My buddy has an '08 dually with the 6.4, and has had the dealer do ALL of the scheduled service on it including oil changes. They just put a BRAND NEW motor in it at 43,000 miles under warranty, and he babies the crap out of his stuff, especially his trucks. The best part is that there were no updated parts from Ford for the stuff that was "out of tolerance" which included a few rocker arms and the piston rings. I think this is an indication that Ford pretty much gave up on these motors altogether. This particular dealer is installing an average of 1 new motor per week between the 6.0's and the 6.4's.


----------



## got-h2o (Sep 26, 2008)

You realize that there were an average of 300,000 6.0's produced PER YEAR right? Of course there will be plenty on the road with problems, and you will never hear stories of the MAJORITY of them that are just fine. Find me a diesel truck that doesn't require maintenance or need repairs and we have a miracle on our hands. One of my Cummins grenaded a turbo last year at 154k. My 04 6.0 lasted to 220k, and my 05 still has the stock one at 290k. Should I start on my Dmaxes? Nothing is perfect. Keep throwing tons of power at a 6.0, then b!tch that it popped a head gasket. That's the norm. I've had HG's go on 2 Dmaxes STOCK. FICM's, injectors up the ass, EGR coolers, you name it. 

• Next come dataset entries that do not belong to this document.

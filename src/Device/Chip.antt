-- ===== src/Device/Chip.antt =====
-- What the driver asks of the chip, and the screen switch, usb_hal/usb_device.c.
pub mod Screen
use lenovo_magicbay_hud_linu.Base.{
  ℕ, ◌-◌, Bool, true, false, not, get_or, leb, ltb, ◌==◌, ◌&&◌, bit_and, bit_or, einval,
  if◌then◌else◌,
}
use lenovo_magicbay_hud_linu.Device.{M, pure, throw, ◌>>=◌, ◌>>◌}
use lenovo_magicbay_hud_linu.Device.Xdata.{
  xdata_read_byte, xdata_write_byte, read_xdata, mod_bits, not_u8,
}

-- usb_hal/usb_hal_chip.h
abbrev chip_id_9132 : ℕ
chip_id_9132 = 0

abbrev port_cvbs : ℕ
port_cvbs = 0

abbrev port_svideo : ℕ
port_svideo = 1

abbrev port_vga : ℕ
port_vga = 2

abbrev port_ypbpr : ℕ
port_ypbpr = 3

abbrev pub port_cvbs_svideo : ℕ
port_cvbs_svideo = 4

abbrev port_hdmi : ℕ
port_hdmi = 5

abbrev port_digital : ℕ
port_digital = 6

abbrev port_max : ℕ
port_max = 7

abbrev sdram_2m : ℕ
sdram_2m = 0

abbrev sdram_none : ℕ
sdram_none = 4

unfoldable get_hpd_status : M ℕ
unfolding xdata_read_byte
get_hpd_status = xdata_read_byte 0x32

unfoldable pub current_frame_index : M ℕ
unfolding xdata_read_byte
current_frame_index = do reg ← xdata_read_byte 0xD003; pure (if reg == 0 then 0 else 1)

unfoldable pub get_port_type : M ℕ
unfolding xdata_read_byte
get_port_type = do reg ← xdata_read_byte 0x31; if leb port_max reg then throw einval else pure reg

unfoldable pub get_sdram_type : M ℕ
unfolding xdata_read_byte
get_sdram_type = do
  reg ← xdata_read_byte 0x30
  if ltb sdram_none reg then throw einval else pure reg

-- The argument is `*chip_id` before the call, which a chip of neither family leaves as it is.
unfoldable pub get_chip_id : ℕ → M ℕ
get_chip_id chip_id = do
  buf ← read_xdata 0xFF00 3
  if 0x13 == get_or buf 1 0 && 0x0a == get_or buf 2 0 then pure chip_id_9132 else (do
    buf' ← read_xdata 0xF000 3
    pure (
        if 0x16 == get_or buf' 1 0 && 0x0a == get_or buf' 2 0
        then (if 0xb7 == get_or buf' 0 0 then 3 else if 0xa7 == get_or buf' 0 0 then 2 else 1)
        else chip_id))

unfoldable pub init_dev : ℕ → M (Unit {0})
unfolding mod_bits xdata_write_byte
init_dev port_type =
    if port_cvbs_svideo == port_type
    then (do mod_bits 0xF160 0x0 0x20; xdata_write_byte 0xF031 0x34)
    else pure tt

-- The register, its mask and `is_clear`, by the chip and the port.
pub record Switch : Type 0 where
  pub addr : ℕ
  pub mask : ℕ
  pub is_clear : Bool

unfoldable pub screen_switch : ℕ → ℕ → Switch
screen_switch chip_id port_type =
    if chip_id == chip_id_9132
    then (if port_type == port_hdmi
        then record { addr = 0xFB07; mask = 0x2; is_clear = true }
        else record { addr = 0xf037; mask = 0x1; is_clear = false })
    else if port_type == port_hdmi
    then record { addr = 0xf507; mask = 0x2; is_clear = true }
    else if port_type == port_vga
    then record { addr = 0xf004; mask = 0x80; is_clear = false }
    else if port_type == port_ypbpr
    then record { addr = 0xf030; mask = 0x1; is_clear = false }
    else if port_type == port_digital
    then record { addr = 0xf005; mask = 0x10; is_clear = false }
    else record { addr = 0xf004; mask = 0x2; is_clear = false }

-- `(enable != 0) ^ is_clear`
abbrev pub sets_bits : ℕ → Bool → Bool
sets_bits enable is_clear = if is_clear then enable == 0 else not (enable == 0)

abbrev pub switch_byte : Switch → ℕ → ℕ → ℕ
switch_byte s enable value =
    if sets_bits enable s.is_clear then bit_or value s.mask else bit_and value (not_u8 s.mask)

unfoldable pub set_screen_enable : ℕ → ℕ → ℕ → M (Unit {0})
unfolding screen_switch xdata_read_byte xdata_write_byte
set_screen_enable enable chip_id port_type =
    let s = screen_switch chip_id port_type in
    do value ← xdata_read_byte s.addr; xdata_write_byte s.addr (switch_byte s enable value)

I'm with Mark. I'll "chance" the newer truck and have a way better bang for my buck. 6.0's are great workhorses, especially for the $.


----------



## got-h2o (Sep 26, 2008)

And the "babies the crap out of his stuff" is the problem. Honestly. I believe 100% that my 6.0's have lasted as long as they have b/c they're rode hard and put away wet.


----------



## tjctransport (Nov 22, 2008)

agreed the 6.0 and 6.4 do not like to be driven by little old ladies going to church on sunday. 
they need to be worked, otherwise they are going to give you problems.


----------



## Ultra Duty (Jul 16, 2010)

It too amazes me how many people bad mouth 6.0's, 6.4's and now even the 6.7's. These are the people that usually rolling the old plow trucks on the road! Only reason we don't have anything older than 04 is b/c the older trucks seemed to rust out way faster than the new ones. Once you plow with diesel you won't go back, doesn't matter if your used to a 460gas motor or a GM 8.1 the torque cannot be duplicated. I am also surprised how many people question why we plow with brand new trucks! Can't imagine spending $50k on a truck and letting it sit in the garage. These trucks are built for work and new one doesn't breakdown like that 99 or 2000 with 250k on the clock. Again, if you plow on the side and it's not a business than all of this doesn't really matter.


----------



## MickiRig1 (Dec 5, 2003)

I drive 6.0 PSD everyday at work on an ambulance. We have like 8 of them. Everyone has been a problem. The kids I work with no doubt drive then like they stole them. You hit 150,000 and the injectors and EGR start having problems. One of the problems are they Idle for many hours a day. This may be why they develop problems. Personally I LOVE the 6.0 PSD. It's a drivers engine and tranny. I love to drive them when running great. They have to be a great plow truck engine!


----------



## randomb0b123 (Jul 14, 2010)

5.4 liters are car engines that somehow ended up in a full size truck. they have barely adequate power downhills, anything more than a slight grade is a joke with them


----------



## tjctransport (Nov 22, 2008)

randomb0b123;1580856 said:


> 5.4 liters are car engines that somehow ended up in a full size truck. they have barely adequate power downhills, anything more than a slight grade is a joke with them


it is quite obvious you have never driven one with a statement like that.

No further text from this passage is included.